Consider the old adage, “trust, but verify.” You can trust that someone else is making a backup, but it is your job to make sure that the backup has been tested by requesting and completing a restore procedure. This needs to be done at both the individual file and at the complete server levels. If you are outsourced to a cloud provider, how can you verify that their restoration and/or recovery procedures are working? You have to develop a testing methodology.
In my Network Management Group, Inc. operations, we routinely help organizations migrate and/or recover data. A quick solution for many organizations for backup is to install a backup appliance. These units are a combination of hardware and software configured to make backups and to ease restoration of a single file or a complete server. They can make a copy of any changed data every 15 minutes, and can be used to temporarily run one or more servers if there is a catastrophic failure.
We test our clients’ backups on a continuous rotation, resulting in a technician’s review about every week. You should consider how often your backup is tested. Clearly this cycle should be no longer than monthly. Backups are not “set it and forget it.” In addition, the backup log files don’t always indicate a successful or restorable backup. Backups must be tested.
Cloud providers should be performing similar tests to what we are recommending, but unfortunately they are human and also make mistakes. Because data is so critical to BCDR, we suggest that the data is in at least three different places and that an archival copy is kept off-line, if that is practical. Backup Appliances are usually the quickest and most sure way to copy, restore, and operate in BCDR situations. Backup Appliances can also be configured and used in various ways that benefit your business the most.
Note the thinking: You have to have a complete, valid copy of your data!

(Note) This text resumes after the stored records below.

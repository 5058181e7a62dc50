-- ===== src/Paramstyle/Template.antt =====
-- `convert_paramstyle` in the style `named` against a specification over templates: a query is read
-- as a list of pieces, and each parameter becomes the number of the first place of its name.
pub mod Scan
use mathlib.Core.List.{head?, append_assoc, append-nil}
use amazon_redshift_python_d.Prelude.{
  ℕ, ◌+◌, ◌≡◌, ◌∙◌, inl, inr, refl, ap, Bool, true, false, ◌||◌, Option, none, some, List, [], ◌∷◌,
  ◌++◌, arith, ◌==◌, length, Bool-cases, All,
}
use amazon_redshift_python_d.Prelude.Result.{ok}
use amazon_redshift_python_d.Prelude.Text.{Text}
use amazon_redshift_python_d.Paramstyle.{
  named, State, outside, inside_sq, inside_qi, inside_es, inside_pn, inside_co, Scanner, is_char,
  dollar, index_of, scan, by_name, convert_paramstyle, step,
}

-- A character of no special meaning, '…', "…", a comment up to the end of its line, and :name.
pub data Piece : Type 0 where
  plain : ℕ → Piece
  quoted ident comment param : Text → Piece

abbrev pub render_piece : Piece → Text → Text
render_piece (plain c) rest = c ∷ rest
render_piece (quoted b) rest = b'\'' ∷ (b ++ (b'\'' ∷ rest))
render_piece (ident b) rest = b'"' ∷ (b ++ (b'"' ∷ rest))
render_piece (comment b) rest = b'-' ∷ b'-' ∷ (b ++ (b'\n' ∷ rest))
render_piece (param n) rest = b':' ∷ (n ++ rest)

unfoldable pub render : List Piece → Text
render [] = []
render (p ∷ ps) = render_piece p (render ps)

-- The number of a name, and the names after it.
number_of : List Text → Option ℕ → ℕ
number_of names (some k) = k + 1
number_of names none = length names + 1

names_after : List Text → Text → Option ℕ → List Text
names_after names n (some k) = names
names_after names n none = names ++ (n ∷ [])

-- The query that the server gets, from the names read before.
pub expand : List Text → List Piece → Text
unfolding number_of names_after index_of
expand names [] = []
expand names (param n ∷ ps) =
    dollar (number_of names (index_of n names))
    ++ expand (names_after names n (index_of n names)) ps
expand names (plain c ∷ ps) = render_piece (plain c) (expand names ps)
expand names (quoted b ∷ ps) = render_piece (quoted b) (expand names ps)
expand names (ident b ∷ ps) = render_piece (ident b) (expand names ps)
expand names (comment b ∷ ps) = render_piece (comment b) (expand names ps)

-- The names in the order of their first places.
pub names_of : List Text → List Piece → List Text
unfolding names_after index_of
names_of names [] = names
names_of names (param n ∷ ps) = names_of (names_after names n (index_of n names)) ps
names_of names (_ ∷ ps) = names_of names ps

module _ (isalnum : ℕ → Bool) where
  abbrev is_name_char : ℕ → Bool
  is_name_char c = isalnum c || c == b'_'

  -- The character behind a name does not go on with it.
  abbrev EndsName : Option ℕ → Type 0
  EndsName none = Unit {0}
  EndsName (some c) = is_name_char c ≡ false

  abbrev IsName : Text → Type 0
  IsName [] = ⊥
  IsName (c ∷ cs) =
      ((c == b'=') ≡ false) × All (λ d. (is_name_char d ≡ true) × ((d == b':') ≡ false)) (c ∷ cs)

  -- The text behind a piece must not join it.
  abbrev pub IsPiece : Piece → Text → Type 0
  IsPiece (plain c) rest =
      ((c == b'\'') ≡ false) × ((c == b'"') ≡ false) × ((c == b'-') ≡ false) × ((c == b':') ≡ false)
  IsPiece (quoted b) rest =
      All (λ c. ((c == b'\'') ≡ false) × ((c == b'\\') ≡ false)) b
      × (is_char (head? rest) b'\'' ≡ false)
  IsPiece (ident b) rest = All (λ c. (c == b'"') ≡ false) b
  IsPiece (comment b) rest = All (λ c. (c == b'\n') ≡ false) b
  IsPiece (param n) rest = IsName n × EndsName (head? rest)

  abbrev pub IsTemplate : List Piece → Type 0
  IsTemplate [] = Unit {0}
  IsTemplate (p ∷ ps) = IsPiece p (render ps) × IsTemplate ps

One thing that experience has taught: if something is going to fail, that failure will occur at the worst possible time. Because of this risk, building systems that have no single point of failure is critical to business continuity. Think redundancy everywhere. Redundancy may seem expensive, but how expensive is it if you can’t operate at all?

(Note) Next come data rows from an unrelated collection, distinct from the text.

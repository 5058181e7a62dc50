-- ===== src/Paramstyle/Template/Scan.antt =====
-- The scanner on the pieces of a template, one piece after the other.
use mathlib.Core.List.{head?, append_assoc, append-nil}
use amazon_redshift_python_d.Prelude.{
  ℕ, ◌≡◌, ◌∙◌, inl, inr, refl, ap, Bool, true, false, Option, none, some, List, [], ◌∷◌, ◌++◌,
  arith, ◌==◌, Bool-cases, All,
}
use amazon_redshift_python_d.Prelude.Result.{ok}
use amazon_redshift_python_d.Prelude.Text.{Text}
use amazon_redshift_python_d.Paramstyle.{
  named, State, outside, inside_sq, inside_qi, inside_es, inside_pn, inside_co, Scanner, is_char,
  dollar, index_of, scan, by_name, convert_paramstyle, step,
}
use amazon_redshift_python_d.Paramstyle.Template.{
  Piece, plain, quoted, ident, comment, param, render_piece, render, number_of, names_after, expand,
  names_of, is_name_char, EndsName, IsPiece, IsTemplate,
}

module _ (isalnum : ℕ → Bool) where
  -- The scanner between pieces, and in the state `st`.
  abbrev in_state : State → Option Text → List Text → Text → Option ℕ → Scanner
  in_state st current names out prev = record {
    style = named;
    state = st;
    in_quote_escape = false;
    in_param_escape = false;
    placeholders = names;
    current = current;
    output = out;
    next_param = 1;
    prev_c = prev;
  }

  abbrev between : List Text → Text → Option ℕ → Scanner
  between = in_state outside none

  push_char : (out b : Text) (c : ℕ) → (out ++ (c ∷ [])) ++ b ≡ out ++ (c ∷ b)
  push_char out b c = rw append_assoc

  sq_body :
      (b rest : Text) (names : List Text) (out : Text) (prev : Option ℕ)
      → All (λ c. ((c == b'\'') ≡ false) × ((c == b'\\') ≡ false)) b
      → is_char (head? rest) b'\'' ≡ false
      → scan isalnum (in_state inside_sq none names out prev) (b ++ (b'\'' ∷ rest))
        ≡ scan isalnum (between names (out ++ (b ++ (b'\'' ∷ []))) (some b'\'')) rest
  unfolding scan step
  sq_body [] rest names out prev plain_b next = rw next
  sq_body (c ∷ b) rest names out prev (pc, pb) next =
      rw (pc.0, sq_body b rest names (out ++ (c ∷ [])) (some c) pb next, push_char)

  es_body :
      (b rest : Text) (names : List Text) (out : Text) (prev : Option ℕ)
      → All (λ c. ((c == b'\'') ≡ false) × ((c == b'\\') ≡ false)) b
      → is_char prev b'\\' ≡ false
      → scan isalnum (in_state inside_es none names out prev) (b ++ (b'\'' ∷ rest))
        ≡ scan isalnum (between names (out ++ (b ++ (b'\'' ∷ []))) (some b'\'')) rest
  unfolding scan step
  es_body [] rest names out prev plain_b before = rw before
  es_body (c ∷ b) rest names out prev (pc, pb) before =
      rw (pc.0, es_body b rest names (out ++ (c ∷ [])) (some c) pb pc.1, push_char)

  qi_body :
      (b rest : Text) (names : List Text) (out : Text) (prev : Option ℕ)
      → All (λ c. (c == b'"') ≡ false) b
      → scan isalnum (in_state inside_qi none names out prev) (b ++ (b'"' ∷ rest))
        ≡ scan isalnum (between names (out ++ (b ++ (b'"' ∷ []))) (some b'"')) rest
  unfolding scan step
  qi_body [] rest names out prev plain_b = refl
  qi_body (c ∷ b) rest names out prev (pc, pb) =
      rw (pc, qi_body b rest names (out ++ (c ∷ [])) (some c) pb, push_char)

  co_body :
      (b rest : Text) (names : List Text) (out : Text) (prev : Option ℕ)
      → All (λ c. (c == b'\n') ≡ false) b
      → scan isalnum (in_state inside_co none names out prev) (b ++ (b'\n' ∷ rest))
        ≡ scan isalnum (between names (out ++ (b ++ (b'\n' ∷ []))) (some b'\n')) rest
  unfolding scan step
  co_body [] rest names out prev plain_b = refl
  co_body (c ∷ b) rest names out prev (pc, pb) =
      rw (pc, co_body b rest names (out ++ (c ∷ [])) (some c) pb, push_char)

  abbrev last_char : ℕ → Text → ℕ
  last_char c [] = c
  last_char c (d ∷ ds) = last_char d ds

  -- The scanner behind a name.
  behind_name : List Text → Text → Text → ℕ → Scanner
  unfolding number_of names_after index_of
  behind_name names out n last =
      between (names_after names n (index_of n names))
        (out ++ dollar (number_of names (index_of n names))) (some last)

  pn_end :
      (c : ℕ) (rest acc : Text) (names : List Text) (out : Text) (prev : Option ℕ)
      → EndsName isalnum (head? rest)
      → scan isalnum (in_state inside_pn (some acc) names out prev) (c ∷ rest)
        ≡ scan isalnum (behind_name names out (acc ++ (c ∷ [])) c) rest
  unfolding scan step behind_name
  pn_end c rest acc names out prev ends = ground arith

  pn_body :
      (c : ℕ) (cs rest acc : Text) (names : List Text) (out : Text) (prev : Option ℕ)
      → All (λ d. (is_name_char isalnum d ≡ true) × ((d == b':') ≡ false)) (c ∷ cs)
      → EndsName isalnum (head? rest)
      → scan isalnum (in_state inside_pn (some acc) names out prev) (c ∷ cs ++ rest)
        ≡ scan isalnum (behind_name names out (acc ++ (c ∷ cs)) (last_char c cs)) rest
  pn_body c [] rest acc names out prev (pc, _) ends = pn_end c rest acc names out prev ends
  pn_body c (d ∷ cs) rest acc names out prev (pc, (pd, pcs)) ends =
      goes_on
      ∙ (pn_body d cs rest (acc ++ (c ∷ [])) names out (some c) (pd, pcs) ends ∙ rw push_char)
    where
      goes_on :
          scan isalnum (in_state inside_pn (some acc) names out prev) (c ∷ d ∷ cs ++ rest)
          ≡ scan isalnum
              (in_state inside_pn (some (acc ++ (c ∷ []))) names out (some c))
              (d ∷ cs ++ rest)
      goes_on = unfold scan step in rw pd.0

  last_char_not_colon :
      (c : ℕ) (cs : Text)
      → All (λ d. (is_name_char isalnum d ≡ true) × ((d == b':') ≡ false)) (c ∷ cs)
      → (last_char c cs == b':') ≡ false
  last_char_not_colon c [] (pc, _) = pc.1
  last_char_not_colon c (d ∷ cs) (pc, pcs) = last_char_not_colon d cs pcs

  -- One piece: what it adds to the names and to the output.
  abbrev Passes : Piece → Text → List Text → Text → Option ℕ → List Text → Text → Type 0
  Passes p rest names out prev names' added =
      (prev' : Option ℕ) × (is_char prev' b':' ≡ false)
      × (scan isalnum (between names out prev) (render_piece p rest)
          ≡ scan isalnum (between names' (out ++ added) prev') rest)

  pass_quoted :
      (b rest : Text) (names : List Text) (out : Text) (prev : Option ℕ)
      → IsPiece isalnum (quoted b) rest
      → Passes (quoted b) rest names out prev names (b'\'' ∷ (b ++ (b'\'' ∷ [])))
  unfolding scan step
  pass_quoted b rest names out prev (pb, next) = elim (Bool-cases (is_char prev b'E')) [
    | inl e ↦ (
      some b'\'',
      refl,
      rw e (es_body b rest names (out ++ (b'\'' ∷ [])) (some b'\'') pb refl ∙ rw push_char),
    )
    | inr e ↦ (
      some b'\'',
      refl,
      rw e (sq_body b rest names (out ++ (b'\'' ∷ [])) (some b'\'') pb next ∙ rw push_char),
    )
  ]

  pass_comment :
      (b rest : Text) (names : List Text) (out : Text) (prev : Option ℕ)
      → IsPiece isalnum (comment b) rest
      → Passes (comment b) rest names out prev names (b'-' ∷ b'-' ∷ (b ++ (b'\n' ∷ [])))
  unfolding scan step
  pass_comment b rest names out prev pb = elim (Bool-cases (is_char prev b'-')) [
    | inl e ↦ (
      some b'\n',
      refl,
      rw e (
          co_body (b'-' ∷ b) rest names (out ++ (b'-' ∷ [])) (some b'-') (refl, pb) ∙ rw push_char),
    )
    | inr e ↦ (
      some b'\n',
      refl,
      rw e (
          co_body b rest names ((out ++ (b'-' ∷ [])) ++ (b'-' ∷ [])) (some b'-') pb
          ∙ rw (push_char, push_char)),
    )
  ]

  pass_ident :
      (b rest : Text) (names : List Text) (out : Text) (prev : Option ℕ)
      → IsPiece isalnum (ident b) rest
      → Passes (ident b) rest names out prev names (b'"' ∷ (b ++ (b'"' ∷ [])))
  unfolding scan step
  pass_ident b rest names out prev pb =
      (some b'"', refl, qi_body b rest names (out ++ (b'"' ∷ [])) (some b'"') pb ∙ rw push_char)

  pass_plain :
      (c : ℕ) (rest : Text) (names : List Text) (out : Text) (prev : Option ℕ)
      → IsPiece isalnum (plain c) rest
      → Passes (plain c) rest names out prev names (c ∷ [])
  unfolding scan step
  pass_plain c rest names out prev (sq, qi, dash, colon) = (some c, colon, rw (sq, qi, dash, colon))

  pass_param :
      (n rest : Text) (names : List Text) (out : Text) (prev : Option ℕ)
      → is_char prev b':' ≡ false
      → IsPiece isalnum (param n) rest
      → Passes
          (param n)
          rest
          names
          out
          prev
          (names_after names n (index_of n names))
          (dollar (number_of names (index_of n names)))
  unfolding scan step
  pass_param [] rest names out prev before (name, ends) = absurd name
  pass_param (c ∷ cs) rest names out prev before ((eq, chars), ends) = (
    some (last_char c cs),
    last_char_not_colon c cs chars,
    rw (chars.0.1, eq, before)
        (unfold behind_name in pn_body c cs rest [] names out (some b':') chars ends),
  )

  -- The scan of a whole template, from any names and output.
  abbrev Scans : List Piece → List Text → Text → Option ℕ → Type 0
  Scans ps names out prev =
      (prev' : Option ℕ) × (scan isalnum (between names out prev) (render ps)
        ≡ ok (between (names_of names ps) (out ++ expand names ps) prev'))

  join :
      (p : Piece) (ps : List Piece) (names : List Text) (out : Text) (prev : Option ℕ)
      (names' : List Text) (added : Text) (pass : Passes p (render ps) names out prev names' added)
      → Scans ps names' (out ++ added) pass.0
      → names_of names (p ∷ ps) ≡ names_of names' ps
      → expand names (p ∷ ps) ≡ added ++ expand names' ps
      → Scans (p ∷ ps) names out prev
  unfolding render
  join p ps names out prev names' added (prev', colon, first) (prev'', rest) en ee =
      (prev'', first ∙ (rest ∙ rw (en, ee, append_assoc)))

  closing : (b rest : Text) (c : ℕ) → b ++ (c ∷ rest) ≡ (b ++ (c ∷ [])) ++ rest
  closing b rest c = rw append_assoc

  template_scan :
      (ps : List Piece) (names : List Text) (out : Text) (prev : Option ℕ)
      → IsTemplate isalnum ps
      → is_char prev b':' ≡ false
      → Scans ps names out prev
  template_scan [] names out prev t before =
      (prev, unfold scan render expand names_of in rw append-nil)
  template_scan (plain c ∷ ps) names out prev (tp, tps) before =
      let pass = pass_plain c (render ps) names out prev tp in
      join (plain c) ps names out prev names (c ∷ []) pass
        (template_scan ps names (out ++ (c ∷ [])) pass.0 tps pass.1) (unfold names_of in refl)
        (unfold expand in refl)
  template_scan (quoted b ∷ ps) names out prev (tp, tps) before =
      let pass = pass_quoted b (render ps) names out prev tp in
      let added : Text = b'\'' ∷ (b ++ (b'\'' ∷ [])) in
      join (quoted b) ps names out prev names added pass
        (template_scan ps names (out ++ added) pass.0 tps pass.1) (unfold names_of in refl)
        (unfold expand in ap (λ t. b'\'' ∷ t) (closing b (expand names ps) b'\''))
  template_scan (ident b ∷ ps) names out prev (tp, tps) before =
      let pass = pass_ident b (render ps) names out prev tp in
      let added : Text = b'"' ∷ (b ++ (b'"' ∷ [])) in
      join (ident b) ps names out prev names added pass
        (template_scan ps names (out ++ added) pass.0 tps pass.1) (unfold names_of in refl)
        (unfold expand in ap (λ t. b'"' ∷ t) (closing b (expand names ps) b'"'))
  template_scan (comment b ∷ ps) names out prev (tp, tps) before =
      let pass = pass_comment b (render ps) names out prev tp in
      let added : Text = b'-' ∷ b'-' ∷ (b ++ (b'\n' ∷ [])) in
      join (comment b) ps names out prev names added pass
        (template_scan ps names (out ++ added) pass.0 tps pass.1) (unfold names_of in refl)
        (unfold expand in ap (λ t. b'-' ∷ b'-' ∷ t) (closing b (expand names ps) b'\n'))
  template_scan (param n ∷ ps) names out prev (tp, tps) before =
      let pass = pass_param n (render ps) names out prev before tp in
      let added : Text = dollar (number_of names (index_of n names)) in
      let names' : List Text = names_after names n (index_of n names) in
      join (param n) ps names out prev names' added pass
        (template_scan ps names' (out ++ added) pass.0 tps pass.1) (unfold names_of in refl)
        (unfold expand in refl)

-- On a template, `convert_paramstyle` in the style `named` keeps everything but the parameters
-- verbatim (quoted strings, quoted identifiers and comments included), replaces each parameter by
-- `$` and the number of its name, and has the values looked up by the names in the order of their
-- first places.
pub convert_paramstyle-template :
    (isalnum : ℕ → Bool) (ps : List Piece)
    → IsTemplate isalnum ps
    → convert_paramstyle isalnum named (render ps) ≡ ok (expand [] ps, by_name (names_of [] ps))
unfolding convert_paramstyle
convert_paramstyle-template isalnum ps t =
    let (prev, scans) = template_scan isalnum ps [] [] none t refl in rw scans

We suggest you consider how much down time costs you per hour. Pick an hourly rate, such as $50/hour and multiply that by the number of people. For example, if you have 10 people, being down for an hour would cost $500 ($50×10) and being down for a day would cost $4,000. If you were down for two or three days because a communication line didn’t work, can you see that figuring out how to be redundant, in advance, may be a good use of time and money?
To prevent downtime, the philosophy of redundancy recommends two communication lines of different types, and from different carriers, configured for automatic failover. If you are cloud-centric, redundant communication lines are mandatory. For example, you could have a Cable Modem and DSL, or a Cable Modem and a cellular hotspot, or a Cable modem and MPLS, or a fiber optic and a wireless connection.

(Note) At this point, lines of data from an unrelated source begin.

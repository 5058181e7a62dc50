-- ===== src/Session.antt =====
-- redshift_connector/cursor.py, `execute`, `executemany`, `callproc` and `close` of a cursor, and
-- redshift_connector/core.py, `commit`, `rollback`, `run`, `cursor` and `close` of a connection. Cursor 0 is
-- `self._cursor` and cursor 1 `self._run_cursor`.
pub mod Tpc
pub mod Bulk
pub mod Startup
pub mod Invariant
pub mod Reachable
pub mod Closing
pub mod Sanitized
use amazon_redshift_python_d.Prelude.{
  update_at, ℕ, zero, suc, ◌+◌, Bool, true, false, not, ◌&&◌, ◌||◌, Option, none, some, List, [],
  ◌∷◌, ◌++◌, ◌==◌, if◌then◌else◌, length, get_elem?, set,
}
use amazon_redshift_python_d.Prelude.Int.{ℤ, pos, negsuc, ◌+ℤ◌}
use amazon_redshift_python_d.Prelude.Result.{
  Exception, Result, ok, err, interface_error, attribute_error, value_error,
}
use amazon_redshift_python_d.Prelude.Action.{
  Action, pure, raise, lift, self, modify, finally_do, except_do, handle_error, ◌>>=◌, ◌>>◌,
}
use amazon_redshift_python_d.Prelude.Text.{Bytes, Text, codes}
use amazon_redshift_python_d.Paramstyle.{Style, format, convert_paramstyle}
use amazon_redshift_python_d.Types.{Value}
use amazon_redshift_python_d.Types.Args.{PyValue}
use amazon_redshift_python_d.Connection.{
  Connection, Cursor, Field, Handler, Foreign, StreamAttribute, missing, no_stream,
}
use amazon_redshift_python_d.Connection.Sending.{write}
use amazon_redshift_python_d.Connection.Execute.{execute, present}
use amazon_redshift_python_d.Connection.Execute.Requests.{
  Vals, no_vals, sequence, mapping, make_args,
}
use amazon_redshift_python_d.Connection.Messages.{World, Step, locally, on_cursor}

-- A cursor of the connection.
unfoldable pub cursor_at : ℕ → Action Connection Cursor
unfolding present
cursor_at cid = do c ← self; present (get_elem? c.cursors cid)

-- What a method of a cursor does to it.
unfoldable pub on_rows : {A : Type 0} → ℕ → Action Cursor A → Action Connection A
unfolding cursor_at
on_rows cid m = do
  cur ← cursor_at cid
  let (r, after) = m cur
  modify (on_cursor cid (λ _. after))
  lift r

-- Cursor.close
unfoldable pub close_cursor : ℕ → Handler
close_cursor cid = modify (on_cursor cid (λ cur. record cur { attached = false }))

-- Connection.cursor: Cursor(self), with the paramstyle of the module; the new cursor's number.
abbrev pub new_cursor : Style → Cursor
new_cursor paramstyle = record {
  ps = none;
  row_count = negsuc 0;
  redshift_row_count = negsuc 0;
  cached_rows = [];
  paramstyle = paramstyle;
  stream = missing;
  attached = true;
}

unfoldable pub cursor : Style → Action Connection ℕ
cursor paramstyle = do
  c ← self
  modify (λ d. record d { cursors = d.cursors ++ (new_cursor paramstyle ∷ []) })
  pure (length c.cursors)

-- TERMINATE_MSG
abbrev pub terminate_msg : Bytes
terminate_msg = b'X' ∷ 0 ∷ 0 ∷ 0 ∷ 4 ∷ []

is_attribute_error : Exception → Bool
is_attribute_error attribute_error = true
is_attribute_error e = false

is_value_error : Exception → Bool
is_value_error value_error = true
is_value_error e = false

not_open : Exception → Handler
unfolding is_attribute_error is_value_error
not_open e =
    if is_attribute_error e || is_value_error e
    then raise (interface_error "connection is closed")
    else raise e

-- Connection.close
unfoldable pub close : Handler
unfolding write not_open
close = finally_do (except_do (write terminate_msg) not_open) (λ c. record c { closed = true })

-- `re.sub(r"[-;/'\"\n\r ]", "", s)`
abbrev pub is_unsafe : ℕ → Bool
is_unsafe c =
    c == b'-'
    || (c == b';'
        || (c == b'/' || (c == b'\'' || (c == b'"' || (c == b'\n' || (c == 13 || c == b' '))))))

unfoldable pub sanitize_str : Text → Text
sanitize_str [] = []
sanitize_str (c ∷ s) = let rest = sanitize_str s in if is_unsafe c then rest else c ∷ rest

unfoldable pub escape_quotes : Text → Text
unfolding sanitize_str
escape_quotes s = b'\'' ∷ (sanitize_str s ++ (b'\'' ∷ []))

-- ", ".join(["%s"] * n)
unfoldable pub placeholders : ℕ → Text
placeholders zero = []
placeholders (suc zero) = codes "%s"
placeholders (suc (suc n)) = codes "%s, " ++ placeholders (suc n)

-- `-1 if -1 in counts else sum(summed)`
has_unknown : List ℤ → Bool
has_unknown [] = false
has_unknown (pos n ∷ ns) = has_unknown ns
has_unknown (negsuc n ∷ ns) = n == 0 || has_unknown ns

sum : List ℤ → ℤ
sum [] = pos 0
sum (n ∷ ns) = n +ℤ sum ns

unfoldable pub total : List ℤ → List ℤ → ℤ
unfolding has_unknown sum
total counts summed = if has_unknown counts then negsuc 0 else sum summed

module _ (F : Foreign) where
  begin : ℕ → ℕ → Connection → Step
  begin fuel cid c =
      if not c.in_transaction && not c.autocommit
      then execute F fuel cid (codes "begin transaction") no_vals
      else pure tt

  -- Cursor.execute(operation, args, stream, merge_socket_read)
  unfoldable pub cursor_execute : ℕ → ℕ → Text → Vals → StreamAttribute → Bool → Step
  unfolding begin cursor_at
  cursor_execute fuel cid operation args stream merge = do
    cur ← locally (cursor_at cid)
    w ← self
    if not cur.attached
        then raise (interface_error "Cursor closed")
        else if w.conn.closed
        then raise (interface_error "connection is closed")
        else (do
          locally (modify (on_cursor cid (λ c. record c { stream = stream })))
          begin fuel cid w.conn
          locally (modify (λ c. record c { merge_socket_read = merge }))
          execute F fuel cid operation args)

  -- The counts of each execution, in their order.
  execute_each : ℕ → ℕ → Text → List Vals → Action World (List ℤ × List ℤ)
  unfolding cursor_execute
  execute_each fuel cid operation [] = pure ([], [])
  execute_each fuel cid operation (args ∷ rest) = do
    cursor_execute fuel cid operation args no_stream false
    cur ← locally (cursor_at cid)
    (counts, redshift_counts) ← execute_each fuel cid operation rest
    pure (cur.row_count ∷ counts, cur.redshift_row_count ∷ redshift_counts)

  unfoldable pub executemany : ℕ → ℕ → Text → List Vals → Step
  unfolding execute_each
  executemany fuel cid operation param_sets = do
    (counts, redshift_counts) ← execute_each fuel cid operation param_sets
    locally (
        modify (
          on_cursor cid (λ cur. record cur {
            row_count = total counts counts;
            redshift_row_count = total redshift_counts counts;
          })))

  -- The handler of AttributeError in callproc.
  closed_error : ℕ → Exception → Step
  unfolding cursor_at is_attribute_error
  closed_error cid e = do
    cur ← locally (cursor_at cid)
    w ← self
    if not (is_attribute_error e)
        then raise e
        else if not cur.attached
        then raise (interface_error "Cursor closed")
        else if w.conn.closed
        then raise (interface_error "connection is closed")
        else raise e

  -- "CALL <procname>(%s, …)", converted in the style format, then executed.
  unfoldable pub call_statement : ℕ → ℕ → Text → List PyValue → Step
  call_statement fuel cid procname args = do
    (statement, args_of) ← lift (
        convert_paramstyle F.isalnum format (
          codes "CALL "
          ++ (sanitize_str procname ++ (b'(' ∷ (placeholders (length args) ++ (b')' ∷ []))))))
    vals ← lift (make_args args_of (sequence args))
    cursor_execute fuel cid statement (sequence vals) no_stream false

  unfoldable pub callproc : ℕ → ℕ → Text → List PyValue → Step
  unfolding closed_error
  callproc fuel cid procname args =
      except_do (call_statement fuel cid procname args) (closed_error cid)

  unfoldable pub commit : ℕ → Step
  commit fuel = execute F fuel 0 (codes "commit") no_vals

  unfoldable pub rollback : ℕ → Step
  rollback fuel = do
    w ← self
    if w.conn.in_transaction then execute F fuel 0 (codes "rollback") no_vals else pure tt

  -- Connection.run(sql, stream, **params), on the cursor with the style named.
  unfoldable pub run :
      ℕ → Text → StreamAttribute → List (Text × PyValue) → Action World (List (List Value))
  run fuel sql stream params = do
    cursor_execute fuel 1 sql (mapping params) stream false
    cur ← locally (cursor_at 1)
    pure cur.cached_rows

Redundant thinking does not stop with the communication lines. Many of us retire old computers when they are 3-5 years old. How about smartphones? What do you do with the old computers and phones? Should you keep some as spares? What about your old server and SAN? It was working when you decided to retire it. Can you put these devices in another location “just in case”? How about switches? If you need 30 connections, instead of getting one 48 port switch, wouldn’t two 24 port switches allow for one switch to completely fail, yet still leave most people able to work off of the working switch? Vendors that sell firewalls will often sell a hot spare for very little additional money, and you can have redundancy for that hardware device.
Note the thinking: Allow no single point of failure!